Entries provided Block Start

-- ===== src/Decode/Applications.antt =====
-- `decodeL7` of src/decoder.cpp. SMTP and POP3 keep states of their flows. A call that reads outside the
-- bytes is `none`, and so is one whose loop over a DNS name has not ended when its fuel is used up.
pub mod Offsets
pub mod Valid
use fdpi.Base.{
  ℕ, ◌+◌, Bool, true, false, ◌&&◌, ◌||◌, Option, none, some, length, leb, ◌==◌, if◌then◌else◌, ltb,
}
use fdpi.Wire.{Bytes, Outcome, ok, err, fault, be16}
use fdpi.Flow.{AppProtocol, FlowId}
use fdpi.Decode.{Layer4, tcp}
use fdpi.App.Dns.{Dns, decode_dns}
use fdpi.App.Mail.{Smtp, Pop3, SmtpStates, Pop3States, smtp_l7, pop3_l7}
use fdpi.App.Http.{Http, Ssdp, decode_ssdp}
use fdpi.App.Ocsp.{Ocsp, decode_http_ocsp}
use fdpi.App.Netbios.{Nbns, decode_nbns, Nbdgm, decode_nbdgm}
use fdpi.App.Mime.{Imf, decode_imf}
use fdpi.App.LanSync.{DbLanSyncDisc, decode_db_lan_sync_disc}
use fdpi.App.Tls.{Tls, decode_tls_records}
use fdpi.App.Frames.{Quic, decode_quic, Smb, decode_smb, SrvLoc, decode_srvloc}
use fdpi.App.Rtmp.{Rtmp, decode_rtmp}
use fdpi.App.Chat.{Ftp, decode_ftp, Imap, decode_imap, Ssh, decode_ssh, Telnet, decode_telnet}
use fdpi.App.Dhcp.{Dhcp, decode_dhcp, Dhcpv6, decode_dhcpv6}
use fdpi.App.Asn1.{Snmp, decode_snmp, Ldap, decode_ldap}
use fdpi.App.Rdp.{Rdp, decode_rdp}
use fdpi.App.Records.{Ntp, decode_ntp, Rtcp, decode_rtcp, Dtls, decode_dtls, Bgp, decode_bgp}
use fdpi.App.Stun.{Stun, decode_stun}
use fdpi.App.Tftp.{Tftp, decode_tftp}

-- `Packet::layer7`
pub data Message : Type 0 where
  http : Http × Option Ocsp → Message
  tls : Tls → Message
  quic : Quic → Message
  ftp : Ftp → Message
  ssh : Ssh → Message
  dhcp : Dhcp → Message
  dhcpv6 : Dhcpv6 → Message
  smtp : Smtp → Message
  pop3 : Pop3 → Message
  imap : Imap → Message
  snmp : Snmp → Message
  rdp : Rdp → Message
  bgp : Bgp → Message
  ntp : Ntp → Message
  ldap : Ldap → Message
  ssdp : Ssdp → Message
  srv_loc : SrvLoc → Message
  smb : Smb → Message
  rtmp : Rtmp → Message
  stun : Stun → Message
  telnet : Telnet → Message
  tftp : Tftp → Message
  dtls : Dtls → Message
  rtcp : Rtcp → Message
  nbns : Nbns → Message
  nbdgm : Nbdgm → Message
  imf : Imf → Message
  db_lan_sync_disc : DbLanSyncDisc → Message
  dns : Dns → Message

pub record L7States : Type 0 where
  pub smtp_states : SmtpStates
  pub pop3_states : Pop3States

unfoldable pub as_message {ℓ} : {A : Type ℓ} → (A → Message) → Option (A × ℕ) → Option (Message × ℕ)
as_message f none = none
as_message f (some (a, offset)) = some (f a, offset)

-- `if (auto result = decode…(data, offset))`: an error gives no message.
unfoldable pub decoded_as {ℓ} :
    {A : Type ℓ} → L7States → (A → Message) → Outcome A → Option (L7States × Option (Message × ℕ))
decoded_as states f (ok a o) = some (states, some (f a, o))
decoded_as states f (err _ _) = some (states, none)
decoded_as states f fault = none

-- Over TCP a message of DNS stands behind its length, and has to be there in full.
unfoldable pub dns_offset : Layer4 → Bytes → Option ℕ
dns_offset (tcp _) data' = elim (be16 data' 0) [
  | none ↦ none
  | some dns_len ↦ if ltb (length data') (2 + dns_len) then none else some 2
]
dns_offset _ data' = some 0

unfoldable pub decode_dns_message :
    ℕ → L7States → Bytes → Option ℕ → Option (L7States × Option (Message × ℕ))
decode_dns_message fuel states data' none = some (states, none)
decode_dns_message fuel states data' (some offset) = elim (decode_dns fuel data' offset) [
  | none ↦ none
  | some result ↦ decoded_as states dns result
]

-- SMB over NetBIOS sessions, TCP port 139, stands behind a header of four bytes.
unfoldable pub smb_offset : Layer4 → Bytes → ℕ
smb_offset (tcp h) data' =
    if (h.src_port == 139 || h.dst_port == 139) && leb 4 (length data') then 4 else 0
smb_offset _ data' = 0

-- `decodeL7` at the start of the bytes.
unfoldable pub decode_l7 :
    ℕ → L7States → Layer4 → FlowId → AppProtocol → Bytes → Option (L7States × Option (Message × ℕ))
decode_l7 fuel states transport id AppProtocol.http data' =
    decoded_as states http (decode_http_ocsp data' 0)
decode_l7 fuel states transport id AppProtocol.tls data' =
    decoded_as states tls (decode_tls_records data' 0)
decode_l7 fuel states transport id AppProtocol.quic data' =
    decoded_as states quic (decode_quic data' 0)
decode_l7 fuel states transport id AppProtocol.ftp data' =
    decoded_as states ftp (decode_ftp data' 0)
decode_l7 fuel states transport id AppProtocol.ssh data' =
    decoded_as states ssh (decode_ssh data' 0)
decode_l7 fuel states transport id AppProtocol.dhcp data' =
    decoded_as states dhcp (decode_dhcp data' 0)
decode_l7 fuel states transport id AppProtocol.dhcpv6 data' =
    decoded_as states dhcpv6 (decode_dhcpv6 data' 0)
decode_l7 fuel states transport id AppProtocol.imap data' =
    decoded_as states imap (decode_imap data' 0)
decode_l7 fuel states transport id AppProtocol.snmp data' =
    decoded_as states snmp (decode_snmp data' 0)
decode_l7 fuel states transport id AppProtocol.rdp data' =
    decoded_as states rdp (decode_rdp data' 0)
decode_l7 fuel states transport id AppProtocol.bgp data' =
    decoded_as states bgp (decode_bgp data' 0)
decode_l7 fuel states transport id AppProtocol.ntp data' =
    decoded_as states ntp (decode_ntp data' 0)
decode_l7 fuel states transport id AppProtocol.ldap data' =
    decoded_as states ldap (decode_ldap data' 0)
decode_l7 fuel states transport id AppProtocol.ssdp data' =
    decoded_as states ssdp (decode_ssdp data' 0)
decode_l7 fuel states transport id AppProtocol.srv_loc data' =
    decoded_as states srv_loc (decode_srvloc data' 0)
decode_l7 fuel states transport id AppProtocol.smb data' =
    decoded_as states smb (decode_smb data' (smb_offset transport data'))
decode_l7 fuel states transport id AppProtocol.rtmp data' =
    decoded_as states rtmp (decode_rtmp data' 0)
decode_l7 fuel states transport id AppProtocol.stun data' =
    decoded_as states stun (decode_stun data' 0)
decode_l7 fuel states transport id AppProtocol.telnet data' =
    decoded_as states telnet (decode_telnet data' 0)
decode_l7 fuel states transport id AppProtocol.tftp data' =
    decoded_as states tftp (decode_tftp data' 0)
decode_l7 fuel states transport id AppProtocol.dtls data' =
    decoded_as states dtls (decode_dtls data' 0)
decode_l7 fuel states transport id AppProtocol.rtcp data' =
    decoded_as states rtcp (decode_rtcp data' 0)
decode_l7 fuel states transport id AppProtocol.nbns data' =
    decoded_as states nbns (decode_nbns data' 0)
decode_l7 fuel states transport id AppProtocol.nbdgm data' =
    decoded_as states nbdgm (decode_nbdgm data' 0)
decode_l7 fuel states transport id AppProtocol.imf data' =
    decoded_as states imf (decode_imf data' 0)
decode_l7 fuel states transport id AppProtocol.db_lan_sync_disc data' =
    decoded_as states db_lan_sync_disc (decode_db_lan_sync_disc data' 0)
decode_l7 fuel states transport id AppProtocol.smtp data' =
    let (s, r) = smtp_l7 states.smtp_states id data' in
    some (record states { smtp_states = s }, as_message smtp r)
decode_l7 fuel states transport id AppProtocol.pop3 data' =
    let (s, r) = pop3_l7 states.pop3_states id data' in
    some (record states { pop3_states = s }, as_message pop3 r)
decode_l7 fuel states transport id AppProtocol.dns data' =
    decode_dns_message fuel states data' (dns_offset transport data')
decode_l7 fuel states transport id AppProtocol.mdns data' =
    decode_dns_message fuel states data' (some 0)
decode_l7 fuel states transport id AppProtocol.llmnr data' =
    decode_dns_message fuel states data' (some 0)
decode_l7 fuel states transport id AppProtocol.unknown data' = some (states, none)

Entries provided Block End

### Required work
In the entries above, find each line with the word "Outcome" and return it.

### Written answer
use fdpi.Wire.{Bytes, Outcome, ok, err, fault, be16}
    {A : Type ℓ} → L7States → (A → Message) → Outcome A → Option (L7States × Option (Message × ℕ))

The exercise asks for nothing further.